NOTICE OF HIPPA PRIVACY FORMS:
I have read the office's notice of privacy practices.

MISSED APPOINTMENT:
I agree unless my scheduled appointment is cancelled at least 24 hours in advance, that I am liable to pay the broken appointment fee. Please help us serve you better by keeping scheduled appointments.

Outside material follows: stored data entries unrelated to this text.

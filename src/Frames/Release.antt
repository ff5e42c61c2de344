-- ===== src/Frames/Release.antt =====
-- `ReleasePage` of an address in any frame.
use lt_kernel.Prelude.{ℕ, ◌*◌, ◌/◌, ◌<◌, ◌≡◌, ◌≢◌, false, arith, ◌∙◌, ap}
use lt_kernel.Frames.{Bitmap, page_size, is_used, set_page_unused, release_page, IsBitmap, pages}
use lt_kernel.Frames.Bits.{is_used-unused_self, is_used-unused_ne, set_page_unused-IsBitmap}

aligned :
    (bm : Bitmap) (addr : ℕ)
    → set_page_unused bm addr ≡ set_page_unused bm (addr / page_size * page_size)
unfolding set_page_unused
aligned bm addr =
    let e : addr / page_size * page_size / page_size ≡ addr / page_size = omega arith in rw e

module _ (bm : Bitmap) (v : IsBitmap bm) (addr : ℕ) (inside : addr / page_size < pages bm) where
  -- Releasing an address makes the frame that holds it free, also when the address is not the
  -- frame's first, and changes the state of no other frame; the bitmap stays a bitmap.
  pub release_page_lem :
      IsBitmap (release_page bm addr)
      × (is_used (release_page bm addr) (addr / page_size) ≡ false)
      × ((q : ℕ) → addr / page_size ≢ q → is_used (release_page bm addr) q ≡ is_used bm q)
  unfolding release_page
  release_page_lem = (
    set_page_unused-IsBitmap v addr,
    ap (λ t. is_used t (addr / page_size)) (aligned bm addr)
        ∙ is_used-unused_self v (addr / page_size) inside,
    λ q ne. is_used-unused_ne v addr q inside ne,
  )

X-RAY EXAMINATION (FOR FEMALES ONLY):
I am aware that the radiation exposure may be harmful to an unborn child. To the best of my knowledge.
I am not pregnant at the time. I agree to diagnostic x-ray examination as requested by the doctors.

PHOTOGRAPHS AND FILMS:
I further agree to the taking of photographs, films, or other materials showing the condition of my mouth or my treatment for the purpose of documentation, my education or the showing to the public at large or other display of such photographs, films or other materials including dental records, x-rays if necessary for dental, scientific and educational purposes.

THE UNDERSIGNED CERTIFIES THAT HE/SHE HAS READ AND UNDERSTANDS EACH DOCUMENT AND ACCEPTS THESE TERMS.